Tell how many lines in these records contain the string "entry", with only the number as the reply.

"""

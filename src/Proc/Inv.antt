-- ===== src/Proc/Inv.antt =====
-- The invariant of the process table, and the changes of one entry that keep it.
use os.Prelude.{
  ℕ, ◌-◌, ◌^◌, ◌<◌, ◌≤◌, ◌≡◌, ◌≢◌, ◌⊎◌, inl, inr, ap, false, ◌==◌, arith, Bool-cases, ==_iff,
}
use native.Mathlib.Decide.{ℕ_discrete}
use os.Proc.{Proc, Table, nproc, unused, sleeping, running, zombie, ptr, set_proc}

-- the process can still run
abbrev pub Alive : ℕ → Type 0
Alive state = (sleeping ≤ state) × (state ≤ running)

-- Every parent pointer is null or leads to a process that can still run, and is null for no
-- process that has started, but for init; who sleeps in kwait() has no child that has exited; the
-- pids of the entries in use are distinct.
pub record Inv (t : Table) : Type 0 where
  pub init_at : ℕ
  pub init : (t.init ≡ ptr init_at) × (init_at < nproc) × Alive (t.proc init_at).state
  pub free :
      (k : ℕ)
      → k < nproc
      → (t.proc k).state ≡ unused
      → ((t.proc k).parent ≡ 0) × ((t.proc k).pid ≡ 0)
  pub family :
      (k : ℕ)
      → k < nproc
      → (t.proc k).parent ≢ 0
      → ((t.proc k).parent ≤ nproc) × Alive (t.proc ((t.proc k).parent - 1)).state
  pub orphans :
      (k : ℕ) → k < nproc → sleeping ≤ (t.proc k).state → k ≢ init_at → (t.proc k).parent ≢ 0
  pub waiting :
      (p c : ℕ)
      → p < nproc
      → c < nproc
      → (t.proc p).state ≡ sleeping
      → (t.proc p).chan ≡ ptr p
      → (t.proc c).parent ≡ ptr p
      → (t.proc c).state ≢ zombie
  pub pids :
      (k : ℕ)
      → k < nproc
      → (t.proc k).state ≢ unused
      → (0 < (t.proc k).pid) × ((t.proc k).pid < t.next_pid)
  pub distinct :
      (j k : ℕ)
      → j < nproc
      → k < nproc
      → j ≢ k
      → (t.proc j).state ≢ unused
      → (t.proc k).state ≢ unused
      → (t.proc j).pid ≢ (t.proc k).pid
  pub next : (0 < t.next_pid) × (t.next_pid < 2 ^ 31)

-- a change of one entry that leaves its parent and its pid
pub record Fits (t : Table) (i : ℕ) (p : Proc) : Type 0 where
  pub within : i < nproc
  pub parent : p.parent ≡ (t.proc i).parent
  pub pid : p.pid ≡ (t.proc i).pid
  pub in_use : (t.proc i).state ≢ unused
  pub still : p.state ≢ unused
  pub alive : Alive (t.proc i).state → Alive p.state
  pub started : sleeping ≤ p.state → (sleeping ≤ (t.proc i).state) ⊎ ((t.proc i).parent ≢ 0)
  pub lives : p.state ≡ zombie → (t.proc i).state ≡ zombie
  pub waits :
      p.state ≡ sleeping
      → p.chan ≡ ptr i
      → (c : ℕ) → c < nproc
      → (t.proc c).parent ≡ ptr i
      → (t.proc c).state ≢ zombie

pub next_to : (i j : ℕ) → (j ≡ i) ⊎ ((j == i) ≡ false)
next_to i j = ground arith

pub set-Inv : {t : Table} → Inv t → (i : ℕ) (p : Proc) → Fits t i p → Inv (set_proc t i p)
set-Inv {t} inv i p fits = record {
  init_at = inv.init_at;
  init = (
    inv.init.0,
    inv.init.1,
    elim (ℕ_discrete inv.init_at i) [
      | yes e ↦ ground (arith, inv.init, fits.alive, ap t.proc e)
      | no ne ↦ ground (arith, inv.init)
    ],
  );
  free = λ k lt u. ground (arith, inv.free k lt, fits.still);
  family = λ k lt nz. elim (Bool-cases (k == i)) [
    | inl e ↦ ground (
      arith,
      inv.family i fits.within,
      fits.parent,
      fits.alive,
      next_to i ((t.proc i).parent - 1),
    )
    | inr e ↦ ground (arith, inv.family k lt, fits.alive, next_to i ((t.proc k).parent - 1))
  ];
  orphans = λ k lt s ne. elim (Bool-cases (k == i)) [
    | inl e ↦ ground (arith, inv.orphans i fits.within, fits.started, fits.parent, (==_iff k i).0 e)
    | inr e ↦ ground (arith, inv.orphans k lt)
  ];
  waiting = λ q c lq lc s ch par z. elim (Bool-cases (q == i)) [
    | inl e ↦ elim (Bool-cases (c == i)) [
      | inl e' ↦
          fits.waits (ground arith) (ground (arith, (==_iff q i).0 e)) i fits.within
            (ground (arith, fits.parent, (==_iff q i).0 e)) (fits.lives (ground arith))
      | inr e' ↦
          fits.waits (ground arith) (ground (arith, (==_iff q i).0 e)) c lc
            (ground (arith, (==_iff q i).0 e)) (ground arith)
    ]
    | inr e ↦ elim (Bool-cases (c == i)) [
      | inl e' ↦ ground (arith, inv.waiting q i lq fits.within, fits.lives, fits.parent)
      | inr e' ↦ ground (arith, inv.waiting q c lq lc)
    ]
  ];
  pids = λ k lt u. ground (arith, inv.pids k lt, inv.pids i fits.within fits.in_use, fits.pid);
  distinct = λ j k lj lk ne uj uk. ground (
    arith,
    inv.distinct j k lj lk ne,
    inv.distinct i k fits.within lk,
    inv.distinct j i lj fits.within,
    fits.pid,
    fits.in_use,
  );
  next = inv.next;
}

"""

## [Expected output]
2